You should try with different Nvidia driver versions (for me 510 worked but 525 didn't). For me, the Nvidia website .run file installer worked perfectly.
I can't help you unfreeze your desktop, but you may want to keep an eye on whether the CPUs work at 100%. If that's the case, I would rather reinstall the driver and purge all Nvidia (you have to do it correctly depending on how you installed it (proprietary run file (my case), Ubuntu software&updates or apt), I would rather avoid gpg keys + .deb install since it didn't work even once for me because something-something deprecated, when purging Nvidia you may want to sudo apt autoremove Nvidia instead of remove... It might also help to fix software&updates if it gets struk with "using proprietary driver", also if something refuses to work no matter what you might want to check it is not blacklisted, never erase folders (I did, and it didn't end well) there's always an official way to uninstall it (unless you download random stuff from GitHub (this is unrelated, but, trust me, you may want to check there's a proper uninstall method when using a GitHub project, and you certainly want to keep it away from touching your packages without using apt)).
You may want to enable the different configuration for each xdisplay in the driver settings (once you get it working) it does the trick sometimes (I broke my system tinkering and I had to redo this a few times).

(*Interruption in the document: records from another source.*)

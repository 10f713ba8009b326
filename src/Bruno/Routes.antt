-- ===== src/Bruno/Routes.antt =====
-- internal/brunogen/parser.go: the routes that RegisterRoutes of the API's handlers registers.

use grabarr.Common.{
  ◌==◌, true, ◌||◌, Option, none, some, List, [], ◌∷◌, ◌++◌, map, if◌then◌else◌, Text, codes, ◌=t◌,
  has_prefix, to_lower,
}
use grabarr.Bruno.Ast.{
  Node, ident, basic_lit, selector, call, gen_decl, func_decl, array_type, map_type, star,
  struct_type, type_spec, other, Nodes, nil, cons, Fields, end, field, inspect,
}
use grabarr.Bruno.Patterns.{outside, param_pieces, groups, trim, first_part}
use grabarr.Bruno.Structs.{StructInfo, Structs, find_struct}

pub record Route : Type 0 where
  pub method : Text
  pub path : Text
  pub handler : Text
  pub category : Text
  pub path_params : List Text
  pub query_params : List Text
  pub request_body : Option StructInfo

unfoldable pub extract_path_params : Text → List Text
unfolding param_pieces
extract_path_params path = map (first_part b':') (groups (param_pieces outside path))

unfoldable pub extract_category : Text → Text
extract_category path =
    let part = first_part b'/' (trim (λ c. c == b'/') path) in
    if part =t codes "jobs"
    then codes "jobs"
    else if part =t codes "sync"
    then codes "sync"
    else if part =t codes "health" || part =t codes "metrics" || part =t codes "status"
    then codes "system"
    else codes "misc"

unfoldable pub infer_method_from_handler : Text → Text
infer_method_from_handler handler_name =
    let lowered = to_lower handler_name in
    if has_prefix lowered (codes "create")
    then codes "POST"
    else if has_prefix lowered (codes "get")
    then codes "GET"
    else if has_prefix lowered (codes "delete")
    then codes "DELETE"
    else if has_prefix lowered (codes "update")
    then codes "PUT"
    else if has_prefix lowered (codes "cancel")
    then codes "POST"
    else codes "GET"

-- The name of a handler that is neither a selector nor an identifier is empty.
abbrev pub handler_name_of : Node → Text
handler_name_of (selector x sel) = sel
handler_name_of (ident name) = name
handler_name_of _ = []

abbrev pub unquoted : Text → Text
unquoted value = trim (λ c. c == b'"') value

abbrev pub route_of : (method path handler : Text) → Route
route_of method path handler = record {
  method = method;
  path = path;
  handler = handler;
  category = extract_category path;
  path_params = extract_path_params path;
  query_params = [];
  request_body = none;
}

-- The routes of a HandleFunc call, from its arguments: at most one.
unfoldable pub extract_route : Nodes → List Route
unfolding extract_path_params extract_category infer_method_from_handler
extract_route (cons (basic_lit true value) (cons h args)) =
    let handler = handler_name_of h in
    route_of (infer_method_from_handler handler) (unquoted value) handler ∷ []
extract_route _ = []

-- The same of a HandleFunc call that a Methods call follows, from the arguments of both.
unfoldable pub extract_route_with_method : Nodes → Nodes → List Route
unfolding extract_path_params extract_category
extract_route_with_method (cons (basic_lit true value) (cons h args))
      (cons (basic_lit true method) methods) =
    route_of (unquoted method) (unquoted value) (handler_name_of h) ∷ []
extract_route_with_method _ _ = []

-- What the visitor appends at a call with a name: `X.HandleFunc(args)`, or
-- `X.HandleFunc(inner).Methods(args)`.
abbrev methods_of : Node → Nodes → List Route
methods_of (call (selector x name) inner) args =
    if name =t codes "HandleFunc" then extract_route_with_method inner args else []
methods_of _ args = []

unfoldable pub visit_call : Node → List Route
unfolding extract_route extract_route_with_method
visit_call (call (selector x sel) args) =
    if sel =t codes "HandleFunc"
    then extract_route args
    else if sel =t codes "Methods"
    then methods_of x args
    else []
visit_call _ = []

unfoldable pub visit_calls : List Node → List Route
unfolding visit_call
visit_calls [] = []
visit_calls (node ∷ nodes) = visit_call node ++ visit_calls nodes

-- The bodies of the functions named RegisterRoutes, below which the walk of a file does not descend.
unfoldable mutual
  pub register_bodies : Node → List Node
  register_bodies (ident name) = []
  register_bodies (basic_lit string value) = []
  register_bodies (selector x sel) = register_bodies x
  register_bodies (call fun args) = register_bodies fun ++ register_bodies_all args
  register_bodies (array_type elt) = register_bodies elt
  register_bodies (map_type key value) = register_bodies key ++ register_bodies value
  register_bodies (star x) = register_bodies x
  register_bodies (struct_type fields) = register_bodies_fields fields
  register_bodies (type_spec name type) = register_bodies type
  register_bodies (gen_decl is_type specs) = register_bodies_all specs
  register_bodies (func_decl name signature body) =
      let below = register_bodies signature ++ register_bodies body in
      if name =t codes "RegisterRoutes" then body ∷ [] else below
  register_bodies (other nodes) = register_bodies_all nodes

  pub register_bodies_all : Nodes → List Node
  register_bodies_all nil = []
  register_bodies_all (cons node nodes) = register_bodies node ++ register_bodies_all nodes

  pub register_bodies_fields : Fields → List Node
  register_bodies_fields end = []
  register_bodies_fields (field names type tag fields) =
      register_bodies type ++ register_bodies_fields fields

abbrev pub routes_of_bodies : List Node → List Route
routes_of_bodies [] = []
routes_of_bodies (body ∷ bodies) = visit_calls (inspect body) ++ routes_of_bodies bodies

-- The routes of a file that was parsed.
unfoldable pub parse_routes : Node → List Route
unfolding visit_calls register_bodies inspect
parse_routes file = routes_of_bodies (register_bodies file)

-- `mapRoutesToStructs` on one route.
abbrev pub request_struct : Text → Option Text
request_struct handler =
    if handler =t codes "CreateJob"
    then some (codes "CreateJobRequest")
    else if handler =t codes "CreateSync"
    then some (codes "CreateSyncRequest")
    else none

abbrev or_else : Option StructInfo → Option StructInfo → Option StructInfo
or_else none body = body
or_else (some info) body = some info

abbrev found_struct : Structs → Option Text → Option StructInfo
found_struct structs none = none
found_struct structs (some name) = find_struct name structs

abbrev with_body : Structs → Route → Route
with_body structs r = record r {
  request_body = or_else (found_struct structs (request_struct r.handler)) r.request_body;
}

unfoldable pub map_routes_to_structs : Structs → List Route → List Route
map_routes_to_structs structs routes = map (with_body structs) routes
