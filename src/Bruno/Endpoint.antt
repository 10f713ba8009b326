-- ===== src/Bruno/Endpoint.antt =====
-- internal/brunogen/generator.go: the text of a route's file.
use grabarr.Common.{
  ℕ, zero, suc, ◌==◌, Bool, true, false, not, ◌||◌, Option, none, some, List, [], ◌∷◌, ◌++◌, map,
  if◌then◌else◌, pos, decimal, Text, codes, ◌=t◌, to_lower, split, join_by,
}
use grabarr.Bruno.Patterns.{
  Piece, byte, group, outside, param_pieces, var_pieces, replace_all, replace_first, trim,
  first_part, title,
}
use grabarr.Bruno.Structs.{
  Example, no_example, string, int, zero_float, bool, strings, empty_map, FieldInfo, StructInfo,
}
use grabarr.Bruno.Routes.{Route}

-- `strings.Repeat(" ", n)`
abbrev pub spaces : ℕ → Text
spaces zero = []
spaces (suc n) = b' ' ∷ spaces n

abbrev pub indent_line : ℕ → Text → Text
indent_line n line = if line =t [] then [] else spaces n ++ line

unfoldable pub indent : Text → ℕ → Text
indent text n = join_by (codes "\n") (map (indent_line n) (split b'\n' text))

unfoldable pub get_default_example : Text → Example
get_default_example type_name =
    if type_name =t codes "string"
    then string []
    else if type_name =t codes "int" || type_name =t codes "int64"
    then int (pos 0)
    else if type_name =t codes "float64"
    then zero_float
    else if type_name =t codes "bool"
    then bool false
    else if type_name =t codes "[]string"
    then strings []
    else string []

abbrev pub quoted : Text → Text
quoted t = codes "\"" ++ t ++ codes "\""

-- `%v` of a float64 that is 0 is `0`.
unfoldable pub format_json_value : Example → Text
format_json_value (string t) =
    if t =t codes "METADATA_OBJECT"
    then codes "{\n      \"category\": \"movies\"\n    }"
    else quoted t
format_json_value (int n) = decimal n
format_json_value zero_float = codes "0"
format_json_value (bool true) = codes "true"
format_json_value (bool false) = codes "false"
format_json_value (strings ts) = codes "[" ++ join_by (codes ", ") (map quoted ts) ++ codes "]"
format_json_value no_example = codes "\"\""
format_json_value empty_map = codes "\"\""

abbrev pub or_default : Text → Example → Example
or_default type no_example = get_default_example type
or_default type example = example

abbrev pub is_skipped : FieldInfo → Bool
is_skipped f = f.json_tag =t [] || f.json_tag =t codes "-"

-- A field's line without the comma.
unfoldable pub field_line : FieldInfo → Text
unfolding format_json_value get_default_example
field_line f =
    codes "  \"" ++ f.json_tag ++ codes "\": " ++ format_json_value (or_default f.type f.example)

-- `if i < len(info.Fields)-1`, where the list begins with field `i`.
abbrev pub comma_before : List FieldInfo → Text
comma_before [] = []
comma_before (f ∷ fields) = codes ","

unfoldable pub field_lines : List FieldInfo → List Text
unfolding field_line
field_lines [] = []
field_lines (f ∷ fields) =
    let rest = field_lines fields in
    if is_skipped f then rest else (field_line f ++ comma_before fields) ∷ rest

unfoldable pub generate_json_example : StructInfo → Text
unfolding field_lines
generate_json_example info =
    join_by (codes "\n") (codes "{" ∷ (field_lines info.fields ++ codes "}" ∷ []))

-- The placeholders for the variables of a URL, numbered from `n` on, and the variables.
abbrev pub placeholder : ℕ → Text
placeholder n = codes "__BRUNOVAR" ++ decimal (pos n) ++ codes "__"

unfoldable pub protect : ℕ → List Piece → Text × List Text
protect n [] = ([], [])
protect n (byte c ∷ pieces) = let (url, vars) = protect n pieces in (c ∷ url, vars)
protect n (group t ∷ pieces) =
    let (url, vars) = protect (suc n) pieces in
    (placeholder n ++ url, (codes "{{" ++ t ++ codes "}}") ∷ vars)

unfoldable pub restore : ℕ → List Text → Text → Text
restore n [] url = url
restore n (var ∷ vars) url = restore (suc n) vars (replace_first (placeholder n) var url)

-- What a parameter is replaced by: the match `{inner}` without its braces, up to a colon.
abbrev pub param_name : Text → Text
param_name inner =
    first_part b':' (trim (λ c. c == b'{' || c == b'}') (codes "{" ++ inner ++ codes "}"))

abbrev pub replace_params : Text → Text
replace_params url = replace_all (λ inner. codes ":" ++ param_name inner) (param_pieces outside url)

unfoldable pub bruno_url : (base_url path : Text) → Text
unfolding var_pieces param_pieces protect restore
bruno_url base_url path =
    let (url, vars) = protect 0 (var_pieces outside (base_url ++ (codes "/api/v1" ++ path))) in
    restore 0 vars (replace_params url)

-- The last part of `strings.Split`, which gives at least one.
abbrev last_part : Text → List Text → Text
last_part last [] = last
last_part last (part ∷ parts) = last_part part parts

unfoldable pub route_to_name : Route → Text
route_to_name r =
    if not (r.handler =t [])
    then r.handler
    else title (last_part [] (split b'/' (trim (λ c. c == b'/') r.path)))

-- A block that is there for a list that is not empty.
abbrev list_block : Text → List Text → Text → Text → Text
list_block header [] before after = []
list_block header (p ∷ ps) before after =
    header ++ join_by [] (map (λ t. before ++ t ++ after) (p ∷ ps)) ++ codes "}\n\n"

abbrev body_type : Option StructInfo → Text
body_type none = codes "none"
body_type (some info) = codes "json"

unfoldable pub body_block : Option StructInfo → Text
unfolding indent generate_json_example
body_block none = []
body_block (some info) =
    codes "body:json {\n" ++ indent (generate_json_example info) 2 ++ codes "\n}\n\n"

abbrev meta_block : Text → ℕ → Text
meta_block name seq =
    codes "meta {\n  name: "
    ++ name
    ++ codes "\n  type: http\n  seq: "
    ++ decimal (pos seq)
    ++ codes "\n}\n\n"

abbrev pub method_block : Text → Text → Text → Text
method_block method url body =
    to_lower method
    ++ codes " {\n  url: "
    ++ url
    ++ codes "\n  body: "
    ++ body
    ++ codes "\n  auth: inherit\n}\n\n"

-- The content of generateRouteBruFile's file.
unfoldable pub route_content : (base_url : Text) → Route → (seq : ℕ) → Text
unfolding bruno_url route_to_name body_block
route_content base_url r seq =
    meta_block (route_to_name r) seq
    ++ method_block r.method (bruno_url base_url r.path) (body_type r.request_body)
    ++ list_block (codes "params:path {\n") r.path_params (codes "  ") (codes ": 1\n")
    ++ list_block (codes "params:query {\n") r.query_params (codes "  ~") (codes ": \n")
    ++ body_block r.request_body
    ++ codes "settings {\n  encodeUrl: true\n}\n"
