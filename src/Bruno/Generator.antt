-- ===== src/Bruno/Generator.antt =====
-- internal/brunogen/generator.go: the files of the collection, and the command cmd/bruno-gen. What
-- go/parser gives for a path, the errors of the operating system and the order of a `range` over a
-- map are arguments.
use grabarr.Common.{
  ℕ, suc, Option, none, some, List, [], ◌∷◌, ◌++◌, select, any, if◌then◌else◌, Text, codes, ◌=t◌,
  join, Error, wrapped, Result, ok, err, Action, pure, fail, or_wrap, for_each, ◌>>◌,
}
use grabarr.Bruno.Ast.{Node}
use grabarr.Bruno.Structs.{api_files, parse_files}
use grabarr.Bruno.Routes.{Route, parse_routes, map_routes_to_structs}
use grabarr.Bruno.Endpoint.{route_to_name, route_content}

-- The files' contents by their paths, the last write first, and the number of calls so far.
pub record Disk : Type 0 where
  pub files : List (Text × Text)
  pub calls : ℕ

-- The error of a call by its number, and what a failed write leaves in its file, if it opened it.
pub record Platform : Type 0 where
  pub parse_file : Text → Result Node
  pub fault : ℕ → Option (Error × Option Text)
  pub range : List Text → List Text

pub record Generator : Type 0 where
  pub output_dir : Text
  pub base_url : Text
  pub api_dir : Text

-- Among the files of a disk.
abbrev pub file_at : Text → List (Text × Text) → Option Text
file_at path [] = none
file_at path ((p, content) ∷ files) = if p =t path then some content else file_at path files

abbrev torn : Text → Option Text → List (Text × Text) → List (Text × Text)
torn path none files = files
torn path (some content) files = (path, content) ∷ files

abbrev write_outcome :
    Option (Error × Option Text) → (path content : Text) → Disk → Result Unit × Disk
write_outcome none path content d =
    (ok tt, record { files = (path, content) ∷ d.files; calls = suc d.calls })
write_outcome (some (e, left)) path content d =
    (err e, record { files = torn path left d.files; calls = suc d.calls })

abbrev mkdir_outcome : Option (Error × Option Text) → Disk → Result Unit × Disk
mkdir_outcome none d = (ok tt, record d { calls = suc d.calls })
mkdir_outcome (some (e, left)) d = (err e, record d { calls = suc d.calls })

abbrev pub bruno_json : Text
bruno_json =
    codes
      "{\n  \"version\": \"1\",\n  \"name\": \"grabarr\",\n  \"type\": \"collection\",\n  \"ignore\": [\n    \"node_modules\",\n    \".git\"\n  ]\n}\n"

abbrev pub collection_bru : Text
collection_bru = codes "headers {\n  Content-Type: application/json\n}\n\nauth {\n  mode: none\n}\n"

abbrev pub folder_bru : Text → Text
folder_bru category =
    codes "meta {\n  name: " ++ category ++ codes "\n  seq: 1\n}\n\nauth {\n  mode: inherit\n}\n"

-- The categories of routes, each once.
abbrev pub categories : List Text → List Route → List Text
categories seen [] = seen
categories seen (r ∷ routes) =
    categories (if any (λ c. r.category =t c) seen then seen else seen ++ r.category ∷ []) routes

module _ (p : Platform) where
  abbrev pub write_file : (path content : Text) → Action Disk Unit
  write_file path content d = write_outcome (p.fault d.calls) path content d

  abbrev pub mkdir_all : Text → Action Disk Unit
  mkdir_all path d = mkdir_outcome (p.fault d.calls) d

  module _ (g : Generator) where
    unfoldable pub generate_collection_files : Action Disk Unit
    generate_collection_files =
        write_file (join g.output_dir (codes "bruno.json")) bruno_json
        >> write_file (join g.output_dir (codes "collection.bru")) collection_bru

    abbrev pub route_file : (dir : Text) → Route → Text
    route_file dir r = join dir (route_to_name r ++ codes ".bru")

    unfoldable pub generate_route_bru_file : (dir : Text) → Route → (seq : ℕ) → Action Disk Unit
    unfolding route_content
    generate_route_bru_file dir r seq =
        write_file (route_file dir r) (route_content g.base_url r seq)

    -- The inner loop of generateEndpoints, from a sequence number on.
    unfoldable pub generate_routes : (dir : Text) → (seq : ℕ) → List Route → Action Disk Unit
    unfolding generate_route_bru_file
    generate_routes dir seq [] = pure tt
    generate_routes dir seq (r ∷ routes) =
        generate_route_bru_file dir r seq >> generate_routes dir (suc seq) routes

    abbrev pub category_dir : Text → Text
    category_dir category = join g.output_dir category

    abbrev pub folder_file : Text → Text
    folder_file category = join (category_dir category) (codes "folder.bru")

    unfoldable pub generate_category : List Route → Text → Action Disk Unit
    unfolding generate_routes
    generate_category routes category =
        mkdir_all (category_dir category)
        >> write_file (folder_file category) (folder_bru category)
        >> generate_routes (category_dir category) 1 (select (λ r. r.category =t category) routes)

    unfoldable pub generate_endpoints : List Route → Action Disk Unit
    unfolding generate_category
    generate_endpoints routes = for_each (generate_category routes) (p.range (categories [] routes))

    -- What follows the parsing of handlers.go.
    abbrev pub generate_from : Result Node → Action Disk Unit
    generate_from (err e) =
        fail (
          wrapped (codes "failed to parse routes")
            (wrapped (codes "failed to parse handlers.go") e))
    generate_from (ok file) =
        let structs = parse_files p.parse_file g.api_dir api_files [] in
        or_wrap generate_collection_files (codes "failed to generate collection files")
        >> or_wrap (generate_endpoints (map_routes_to_structs structs (parse_routes file)))
            (codes "failed to generate endpoints")

    unfoldable pub generate : Action Disk Unit
    unfolding generate_collection_files generate_endpoints parse_routes parse_files
        map_routes_to_structs
    generate = generate_from (p.parse_file (join g.api_dir (codes "handlers.go")))

    -- The command, which ends with an error where a call does.
    unfoldable pub bruno_gen : Action Disk Unit
    unfolding generate
    bruno_gen = mkdir_all g.output_dir >> generate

You might want to ensure that the password menu loads on your main screen (because if it doesn't you might not be able to enter the desktop other than recovery mode root when you're away from the hdmi)
This I solved by deleting the /etc/X11/xorg.conf file. Yet you may want to try a better alternative since for me this made X11 think I had one screen, and even though both worked fine, there was a noticeable traffic through the CPU (non threaded) thus a very strong bottleneck for the system. This can be fixed by using Wayland
My system is and CPU with integrated graphics and Nvidia, thus my iGPU/GPU switching might work different from yours.
You can also try making Nvidia generate the xorg.conf file. And it might interest you to tinker with /etc/default/grub ... sudo dmesg might provide you more hints to browse the web or an "expert for them to help you.